Recorded data:
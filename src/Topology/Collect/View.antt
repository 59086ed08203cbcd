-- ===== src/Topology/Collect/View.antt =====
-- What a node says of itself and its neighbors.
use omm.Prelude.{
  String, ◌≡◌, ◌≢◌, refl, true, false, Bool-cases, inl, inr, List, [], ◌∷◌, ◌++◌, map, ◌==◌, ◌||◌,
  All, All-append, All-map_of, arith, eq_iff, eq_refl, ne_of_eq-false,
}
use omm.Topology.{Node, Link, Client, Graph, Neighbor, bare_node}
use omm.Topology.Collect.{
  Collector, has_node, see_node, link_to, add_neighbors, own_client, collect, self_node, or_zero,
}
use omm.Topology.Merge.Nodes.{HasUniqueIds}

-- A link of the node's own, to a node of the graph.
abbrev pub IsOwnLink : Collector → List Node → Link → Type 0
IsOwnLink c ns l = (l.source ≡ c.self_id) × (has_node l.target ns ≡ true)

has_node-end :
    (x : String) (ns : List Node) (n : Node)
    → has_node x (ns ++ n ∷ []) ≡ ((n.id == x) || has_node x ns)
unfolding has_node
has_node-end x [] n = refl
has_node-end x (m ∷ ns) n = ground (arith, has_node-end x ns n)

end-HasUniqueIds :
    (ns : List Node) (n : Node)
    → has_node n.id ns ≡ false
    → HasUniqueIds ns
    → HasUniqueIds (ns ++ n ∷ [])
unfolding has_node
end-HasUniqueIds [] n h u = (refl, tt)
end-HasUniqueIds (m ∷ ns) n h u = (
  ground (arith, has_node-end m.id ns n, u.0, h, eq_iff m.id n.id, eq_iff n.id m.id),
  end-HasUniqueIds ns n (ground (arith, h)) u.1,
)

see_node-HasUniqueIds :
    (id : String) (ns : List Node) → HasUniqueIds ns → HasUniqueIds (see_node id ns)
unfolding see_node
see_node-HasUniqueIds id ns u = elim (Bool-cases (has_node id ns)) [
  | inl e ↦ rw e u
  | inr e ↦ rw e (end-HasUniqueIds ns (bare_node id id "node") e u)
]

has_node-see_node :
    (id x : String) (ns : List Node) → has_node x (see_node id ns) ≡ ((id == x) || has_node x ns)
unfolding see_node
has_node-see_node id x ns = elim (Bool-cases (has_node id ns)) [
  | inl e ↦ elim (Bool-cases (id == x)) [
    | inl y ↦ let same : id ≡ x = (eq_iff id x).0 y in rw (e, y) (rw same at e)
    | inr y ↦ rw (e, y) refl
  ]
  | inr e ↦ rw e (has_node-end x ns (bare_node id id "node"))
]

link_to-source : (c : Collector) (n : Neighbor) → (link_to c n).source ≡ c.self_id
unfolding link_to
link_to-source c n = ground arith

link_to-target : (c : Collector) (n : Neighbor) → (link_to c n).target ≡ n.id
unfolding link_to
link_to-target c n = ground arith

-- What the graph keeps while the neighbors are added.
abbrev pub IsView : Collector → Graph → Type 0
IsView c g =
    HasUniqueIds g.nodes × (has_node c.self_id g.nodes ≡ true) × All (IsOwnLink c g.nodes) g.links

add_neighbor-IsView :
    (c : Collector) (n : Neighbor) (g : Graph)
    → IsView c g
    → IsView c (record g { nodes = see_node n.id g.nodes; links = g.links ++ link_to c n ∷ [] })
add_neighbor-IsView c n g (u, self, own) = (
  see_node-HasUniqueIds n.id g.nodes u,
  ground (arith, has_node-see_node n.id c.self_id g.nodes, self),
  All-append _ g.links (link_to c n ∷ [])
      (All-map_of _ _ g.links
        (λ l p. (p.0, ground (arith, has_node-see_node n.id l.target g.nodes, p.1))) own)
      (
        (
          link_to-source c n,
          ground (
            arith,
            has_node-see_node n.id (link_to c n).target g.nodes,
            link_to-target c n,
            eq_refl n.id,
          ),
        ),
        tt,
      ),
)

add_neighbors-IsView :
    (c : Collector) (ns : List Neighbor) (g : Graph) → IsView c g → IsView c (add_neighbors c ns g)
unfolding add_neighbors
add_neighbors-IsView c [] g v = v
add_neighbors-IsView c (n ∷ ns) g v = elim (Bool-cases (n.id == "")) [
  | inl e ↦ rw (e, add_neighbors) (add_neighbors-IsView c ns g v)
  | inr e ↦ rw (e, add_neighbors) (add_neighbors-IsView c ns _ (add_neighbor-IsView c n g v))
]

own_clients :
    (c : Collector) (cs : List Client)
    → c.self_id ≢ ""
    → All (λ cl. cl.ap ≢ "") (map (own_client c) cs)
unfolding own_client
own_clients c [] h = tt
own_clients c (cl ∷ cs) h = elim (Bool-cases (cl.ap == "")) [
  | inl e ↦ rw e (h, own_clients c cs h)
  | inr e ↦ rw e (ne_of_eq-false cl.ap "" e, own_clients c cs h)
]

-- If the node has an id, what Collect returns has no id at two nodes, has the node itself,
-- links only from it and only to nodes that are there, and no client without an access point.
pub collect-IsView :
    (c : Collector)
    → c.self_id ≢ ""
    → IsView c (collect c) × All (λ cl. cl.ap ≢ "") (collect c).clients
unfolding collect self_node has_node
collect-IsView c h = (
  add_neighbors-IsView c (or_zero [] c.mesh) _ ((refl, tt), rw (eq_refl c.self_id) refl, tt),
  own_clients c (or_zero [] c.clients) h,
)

Exercise description:
Copy back the listing above exactly, but only from the line with "n.id ns ≡ false" through the line with "(rw same at e)", both ends included.

Finished exercise:
    → has_node n.id ns ≡ false
    → HasUniqueIds ns
    → HasUniqueIds (ns ++ n ∷ [])
unfolding has_node
end-HasUniqueIds [] n h u = (refl, tt)
end-HasUniqueIds (m ∷ ns) n h u = (
  ground (arith, has_node-end m.id ns n, u.0, h, eq_iff m.id n.id, eq_iff n.id m.id),
  end-HasUniqueIds ns n (ground (arith, h)) u.1,
)

see_node-HasUniqueIds :
    (id : String) (ns : List Node) → HasUniqueIds ns → HasUniqueIds (see_node id ns)
unfolding see_node
see_node-HasUniqueIds id ns u = elim (Bool-cases (has_node id ns)) [
  | inl e ↦ rw e u
  | inr e ↦ rw e (end-HasUniqueIds ns (bare_node id id "node") e u)
]

has_node-see_node :
    (id x : String) (ns : List Node) → has_node x (see_node id ns) ≡ ((id == x) || has_node x ns)
unfolding see_node
has_node-see_node id x ns = elim (Bool-cases (has_node id ns)) [
  | inl e ↦ elim (Bool-cases (id == x)) [
    | inl y ↦ let same : id ≡ x = (eq_iff id x).0 y in rw (e, y) (rw same at e)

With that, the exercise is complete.